The harder I held on, the further I felt from home.
The war stayed in my heart, but it lingered in my bones too. Six months after I’d left the Army, I developed leukemia—a cancer in my blood-producing tissues. The doctors said it was likely a result of exposure to the many carcinogens that come with modern warfare, like depleted uranium in air-dropped munitions, the jet fuel in our vehicles’ engines, or the toxins emanating from our burn pits. The doctors told me that my cancer was connected to my service. Pounds sloughed off my body. My hair fell out in clumps from chemo and radiation. My mind slowed. During the worst week of treatment, I thought, I deserve this. I asked to see a rabbi, not as an article of faith, but because—as my wife said of her religion—Judaism embraces doubt. I wanted this man of God to take these details lodged in me like shrapnel—the dead man’s eyes, his smile, his red prayer cap—and help me grieve. When the rabbi came, he looked at the black tattoos snaking up my arms, my tan T-shirt inscribed with unit insignia, and said that he presumed that I served in the defense of our country. I told the same story again. He sat across from me in my antiseptic isolation room, a host of machines feeding me, killing me, marking my heartbeat. He looked at me with his red-rimmed eyelids and said he absolved me. No questions, no qualifications, just a cheap, unearned forgiveness. I want to say he quoted the prophet Joshua who was himself a soldier. I wondered if the destructive extent of Joshua’s conquest ever gave him pause. How often did he think about his slain foes? I’ve been cancer-free for three years, but that meeting with the rabbi still lingers. Would he have absolved my enemy had our roles been reversed?

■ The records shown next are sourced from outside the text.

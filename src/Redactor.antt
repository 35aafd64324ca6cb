-- ===== src/Redactor.antt =====
-- src/policy/redactor.ts: what is stripped from the records that leave the cluster. A record is the
-- object that the source walks with `Object.keys`, so a field that its type does not name is there too.
mod Allowlist
pub mod Blind
mod Examples
unfoldable pub use Allowlist.{
  apply_allowlist, is_redacted_marker, redacted_marker, infer_marker_kind,
}
pub use Allowlist.{
  unknown_field, preserved_fields_artifact, preserved_fields_entity, preserved_fields_command,
  preserved_fields_receipt, preserved_fields_provenance_event, preserved_fields_index_record,
}
use Prim.Native.Char.{code}
use Prim.Native.String
use db_cluster.Prelude.{
  ℕ, suc, String, Bool, true, false, Option, none, some, List, [], ◌∷◌, ◌==◌, find, nat_beq, length,
  leb, if◌then◌else◌,
}
use db_cluster.Json.{
  Value, str, arr, obj, Items, nil, cons, Fields, end, field, get_field, set_field, delete_field,
  keys, template, decimal,
}
use db_cluster.Policy.{
  RedactionRule, Target, target_beq, artifact_content, entity_attributes, command_payload,
  receipt_details, provenance_actors, index_source_uri, Behavior, strip, mask, summarize, hash,
}

-- `REDACTED`
abbrev pub redacted : Value
redacted = str "[REDACTED]"

-- `REDACTED_HASH_PREFIX`
abbrev pub redacted_hash_prefix : String
redacted_hash_prefix = "sha256:redacted:"

-- `rules.filter((r) => r.target === target)[0]`
unfoldable pub rule_for : Target → List RedactionRule → Option RedactionRule
rule_for target rules = find (λ (r : RedactionRule). target_beq r.target target) rules

-- the fields of `record[key]`, which is an object by its type
unfoldable pub object_at : Fields → String → Fields
object_at fields key = elim (get_field fields key) [ some (obj f) ↦ f | _ ↦ end ]

-- the text of `record[key]`, which is a string by its type
unfoldable pub text_at : Fields → String → String
text_at fields key = elim (get_field fields key) [ some (str s) ↦ s | _ ↦ "" ]

-- the items of `record[key]`, which is an array by its type
unfoldable pub items_at : Fields → String → Items
items_at fields key = elim (get_field fields key) [ some (arr xs) ↦ xs | _ ↦ nil ]

-- every key with `REDACTED` for its value
unfoldable pub mask_keys : List String → Fields
mask_keys [] = end
mask_keys (k ∷ ks) = field k redacted (mask_keys ks)

unfoldable pub count_items : Items → ℕ
count_items nil = 0
count_items (cons x xs) = suc (count_items xs)

-- `xs.map(() => REDACTED)`
unfoldable pub mask_items : ℕ → Items
mask_items ℕ.zero = nil
mask_items (suc n) = cons redacted (mask_items n)

-- the part of a text behind its first `/`, up to the next one
before_slash : String → String
before_slash String.[] = ""
before_slash (String.◌∷◌ c s) =
    let rest = before_slash s in if nat_beq (code c) b'/' then "" else String.◌∷◌ c rest

-- `text.split('/')[1] ?? 'bin'`
unfoldable pub second_part : String → String
unfolding before_slash
second_part String.[] = "bin"
second_part (String.◌∷◌ c s) =
    let rest = second_part s in if nat_beq (code c) b'/' then before_slash s else rest

-- the object with the one field
abbrev single : String → Value → Value
single key v = obj (field key v end)

abbrev by_behavior : Behavior → Fields → Fields → Fields
by_behavior mask artifact baseline =
    set_field (set_field baseline "storagePath" redacted) "filename"
      (str (template ("[REDACTED]." ∷ second_part (text_at artifact "mimeType") ∷ [])))
by_behavior hash artifact baseline =
    set_field baseline "storagePath"
      (str (template (redacted_hash_prefix ∷ text_at artifact "contentHash" ∷ [])))
by_behavior _ artifact baseline = set_field baseline "storagePath" redacted

-- `redactArtifact`
unfoldable pub redact_artifact : Fields → List RedactionRule → Fields
unfolding rule_for apply_allowlist text_at second_part get_field set_field
redact_artifact artifact rules =
    let baseline = apply_allowlist preserved_fields_artifact artifact in
    elim (rule_for artifact_content rules) [
      | none ↦ baseline
      | some rule ↦ by_behavior rule.behavior artifact baseline
    ]

-- the attributes that are left, by their keys
unfoldable pub redacted_attributes : Behavior → List String → Value
unfolding mask_keys
redacted_attributes mask ks = obj (mask_keys ks)
redacted_attributes summarize ks =
    single "_summary" (str (template (decimal (length ks) ∷ " attributes redacted" ∷ [])))
redacted_attributes hash ks =
    single "_hash" (str (template (redacted_hash_prefix ∷ decimal (length ks) ∷ [])))
redacted_attributes _ ks = obj end

-- `redactEntity`
unfoldable pub redact_entity : Fields → List RedactionRule → Fields
unfolding rule_for apply_allowlist redacted_attributes object_at get_field set_field
redact_entity entity rules =
    let baseline = apply_allowlist preserved_fields_entity entity in
    elim (rule_for entity_attributes rules) [
      | none ↦ baseline
      | some rule ↦
          set_field baseline "attributes"
            (redacted_attributes rule.behavior (keys (object_at entity "attributes")))
    ]

-- `verb: command.verb`, if it is there
abbrev verb_field : Option Value → Fields
verb_field none = end
verb_field (some v) = field "verb" v end

-- the payload that is left, by its keys and the verb
unfoldable pub redacted_payload : Behavior → List String → Option Value → Value
unfolding mask_keys
redacted_payload mask ks verb = obj (mask_keys ks)
redacted_payload summarize ks verb = obj (
    field "_summary" (str (template (decimal (length ks) ∷ " fields redacted" ∷ [])))
      (verb_field verb))
redacted_payload hash ks verb = single "_hash" redacted
redacted_payload _ ks verb = obj end

-- `redactCommand`
unfoldable pub redact_command : Fields → List RedactionRule → Fields
unfolding rule_for apply_allowlist redacted_payload object_at get_field set_field
redact_command command rules =
    let baseline = apply_allowlist preserved_fields_command command in
    elim (rule_for command_payload rules) [
      | none ↦ baseline
      | some rule ↦ set_field baseline "payload" (
          redacted_payload rule.behavior (keys (object_at command "payload"))
            (get_field command "verb"))
    ]

-- the summary and the affected ids that are left, by the number of ids
unfoldable pub redacted_summary : Behavior → ℕ → Value
redacted_summary summarize n =
    str (template ("[Redacted: " ∷ decimal n ∷ " objects affected]" ∷ []))
redacted_summary _ n = redacted

unfoldable pub redacted_ids : Behavior → ℕ → Value
unfolding mask_items
redacted_ids mask n = arr (mask_items n)
redacted_ids hash n = arr (mask_items n)
redacted_ids _ n = arr nil

-- `redactReceipt`
unfoldable pub redact_receipt : Fields → List RedactionRule → Fields
unfolding rule_for apply_allowlist redacted_summary redacted_ids items_at count_items get_field
    set_field
redact_receipt receipt rules =
    let baseline = apply_allowlist preserved_fields_receipt receipt in
    elim (rule_for receipt_details rules) [
      | none ↦ baseline
      | some rule ↦
          let n = count_items (items_at receipt "affectedIds") in
          set_field (set_field baseline "resultSummary" (redacted_summary rule.behavior n))
            "affectedIds" (redacted_ids rule.behavior n)
    ]

-- what the payload rule leaves of the detail of an event
unfoldable pub strip_detail : Fields → Fields
unfolding delete_field
strip_detail d =
    delete_field
      (delete_field (delete_field (delete_field (delete_field d "payload") "commandId") "kind")
        "entityId")
      "name"

abbrev is_there : Option RedactionRule → Bool
is_there none = false
is_there (some rule) = true

-- `redactProvenanceEvent`
unfoldable pub redact_provenance_event : Fields → List RedactionRule → Fields
unfolding rule_for apply_allowlist strip_detail object_at get_field set_field
redact_provenance_event event rules =
    let baseline = apply_allowlist preserved_fields_provenance_event event in
    let detail =
      if is_there (rule_for receipt_details rules)
      then end
      else if is_there (rule_for command_payload rules)
      then strip_detail (object_at baseline "detail")
      else object_at baseline "detail" in
    let masked =
      if is_there (rule_for provenance_actors rules)
      then set_field baseline "actorId" redacted
      else baseline in
    set_field masked "detail" (obj detail)

-- the number of UTF-16 code units of a text
unfoldable pub utf16_length : String → ℕ
utf16_length String.[] = 0
utf16_length (String.◌∷◌ c s) =
    let n = utf16_length s in if leb 0x10000 (code c) then suc (suc n) else suc n

unfoldable pub redacted_source : Behavior → String → Value
unfolding utf16_length
redacted_source hash id = str (template (redacted_hash_prefix ∷ decimal (utf16_length id) ∷ []))
redacted_source _ id = redacted

-- `redactIndexRecord`
unfoldable pub redact_index_record : Fields → List RedactionRule → Fields
unfolding rule_for apply_allowlist redacted_source text_at get_field set_field
redact_index_record record_fields rules =
    let baseline = apply_allowlist preserved_fields_index_record record_fields in
    elim (rule_for index_source_uri rules) [
      | none ↦ baseline
      | some rule ↦
          set_field baseline "sourceId"
            (redacted_source rule.behavior (text_at record_fields "sourceId"))
    ]

-- `redactIndexSourceUri`
unfoldable pub redact_index_source_uri : Fields → List RedactionRule → Fields
unfolding rule_for set_field
redact_index_source_uri record_fields rules = elim (rule_for index_source_uri rules) [
  | none ↦ record_fields
  | some rule ↦ set_field record_fields "sourceId" redacted
]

I keep telling the same story; some days I think I’ll go on telling it for the rest of my life, trying to get it right. I want people to yearn to know the man I killed, as I yearn to know him still. Some days I think I will go on waiting for the people around me, the people I love, to help me shoulder our war and the people we kill. Other days, I return to a story in The Things They Carried: O’Brien’s hero thinks back on a man he killed, an act he still can’t sort out. Then he imagines sparing him. He stays his hand and lets his enemy pass into the morning fog.